Saved data entries:
-- ===== src/Parser/Body/Fixed.antt =====
-- webcc/parser.cc: content of a known length may arrive in pieces.
use devops_workshop.Boost.{Boost}
use devops_workshop.Http.Globals.{invalid_length}
use devops_workshop.Parser.State.{Parser, ok, reject, finish, store_content}
use devops_workshop.Parser.HeaderLines.Frame.{push}
use devops_workshop.Parser.HeaderLines.Pieces.{ok-injective}
use devops_workshop.Parser.Body.{is_content_full, filled, finish_if_full, parse_fixed_content}
use devops_workshop.Prelude.{
  ◌≡◌, inl, inr, refl, sym, ap, ◌∙◌, Bool, true, false, not, [], ◌∷◌, ◌++◌, append_assoc,
  append-nil, ◌==◌, if◌then◌else◌, Bool-cases,
}
use devops_workshop.Bytes.{Text}

filled-append : (a b : Text) (m : Parser) → filled (a ++ b) m ≡ filled b (filled a m)
filled-append a b m = λ i. record m {
  content =
      (sym (append_assoc (m.content ++ m.pending) a b)
          ∙ ap (λ t. t ++ b) (sym (append-nil ((m.content ++ m.pending) ++ a))))
        i;
  pending = [];
}

filled-push : (b : Text) (m : Parser) → filled [] (push b m) ≡ filled b m
filled-push b m = λ i. record m {
  content =
      (append-nil (m.content ++ (m.pending ++ b)) ∙ sym (append_assoc m.content m.pending b)) i;
  pending = [];
}

module _ (boost : Boost) where
  finished_store : (c : Text) (p : Parser) → (store_content boost c p).finished ≡ p.finished
  finished_store [] p = refl
  finished_store (x ∷ c) p = refl

  finish-unfinished : (p q : Parser) → finish boost p ≡ ok q → q.finished ≡ false → ⊥
  unfolding finish
  finish-unfinished p q e u = cc (
    ap (λ (x : Parser). x.finished) (ok-injective _ q e),
    finished_store p.content (record p { finished = true }),
    u,
  )

  unfinished-full : (p q : Parser) → finish_if_full boost p ≡ ok q → q.finished ≡ false → p ≡ q
  unfinished-full p q e u = elim (Bool-cases (is_content_full p)) [
    | inl full ↦ absurd (finish-unfinished p q (rw full at e) u)
    | inr open_ ↦ ok-injective p q (rw open_ at e)
  ]

  -- The header announced a length, and it is not `kInvalidLength`.
  abbrev pub HasLength : Parser → Type 0
  HasLength m = (m.content_length_parsed ≡ true) × ((m.content_length == invalid_length) ≡ false)

  pub fixed-open :
      (a : Text) (m : Parser)
      → HasLength m
      → parse_fixed_content boost a m ≡ finish_if_full boost (filled a m)
  unfolding parse_fixed_content
  fixed-open a m (p, v) =
      ap
        (λ b.
          if not b
          then finish boost m
          else if m.content_length == invalid_length
          then reject m
          else finish_if_full boost (filled a m))
        p
      ∙ ap (λ b. if b then reject m else finish_if_full boost (filled a m)) v

  -- A call that accepts its data and does not finish found a length in the headers.
  unfinished-HasLength :
      (a : Text) (m q : Parser)
      → parse_fixed_content boost a m ≡ ok q
      → q.finished ≡ false
      → HasLength m
  unfolding parse_fixed_content
  unfinished-HasLength a m q e u =
      go m.content_length_parsed refl (m.content_length == invalid_length) refl e
    where
      go :
          (b : Bool)
          → m.content_length_parsed ≡ b
          → (c : Bool) → (m.content_length == invalid_length) ≡ c
          → (if not b
              then finish boost m
              else if c
              then reject m
              else finish_if_full boost (filled a m))
            ≡ ok q
          → HasLength m
      go false p c v r = absurd (finish-unfinished m q r u)
      go true p true v r = absurd (cc)
      go true p false v r = (p, v)

  -- If the content is not complete after the first piece, then the call has only stored it.
  pub fixed-filled :
      (a : Text) (m q : Parser)
      → parse_fixed_content boost a m ≡ ok q
      → q.finished ≡ false
      → HasLength m × (filled a m ≡ q)
  fixed-filled a m q e u =
      let h = unfinished-HasLength a m q e u in
      (h, unfinished-full (filled a m) q (sym (fixed-open a m h) ∙ e) u)

  -- Content that comes in two pieces is parsed as if it came at once.
  pub fixed-append :
      (a b : Text) (m q : Parser)
      → parse_fixed_content boost a m ≡ ok q
      → q.finished ≡ false
      → parse_fixed_content boost (a ++ b) m ≡ parse_fixed_content boost b q
  fixed-append a b m q e u =
      let (h, s) = fixed-filled a m q e u in
      fixed-open (a ++ b) m h
      ∙ ap (finish_if_full boost) (filled-append a b m)
      ∙ sym (fixed-open b (filled a m) h)
      ∙ ap (parse_fixed_content boost b) s

  -- Where a length was announced it makes no difference whether data waits or arrives.
  pub fixed-push :
      (b : Text) (m : Parser)
      → HasLength m
      → parse_fixed_content boost [] (push b m) ≡ parse_fixed_content boost b m
  fixed-push b m h =
      fixed-open [] (push b m) h
      ∙ ap (finish_if_full boost) (filled-push b m)
      ∙ sym (fixed-open b m h)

## Work item:
Nothing but the lines from the one holding "(h, unfinished-full (filled" through the last line of the data may be output, and each must match exactly.

## Finished exercise:
      (h, unfinished-full (filled a m) q (sym (fixed-open a m h) ∙ e) u)

  -- Content that comes in two pieces is parsed as if it came at once.
  pub fixed-append :
      (a b : Text) (m q : Parser)
      → parse_fixed_content boost a m ≡ ok q
      → q.finished ≡ false
      → parse_fixed_content boost (a ++ b) m ≡ parse_fixed_content boost b q
  fixed-append a b m q e u =
      let (h, s) = fixed-filled a m q e u in
      fixed-open (a ++ b) m h
      ∙ ap (finish_if_full boost) (filled-append a b m)
      ∙ sym (fixed-open b (filled a m) h)
      ∙ ap (parse_fixed_content boost b) s

  -- Where a length was announced it makes no difference whether data waits or arrives.
  pub fixed-push :
      (b : Text) (m : Parser)
      → HasLength m
      → parse_fixed_content boost [] (push b m) ≡ parse_fixed_content boost b m
  fixed-push b m h =
      fixed-open [] (push b m) h
      ∙ ap (finish_if_full boost) (filled-push b m)
      ∙ sym (fixed-open b m h)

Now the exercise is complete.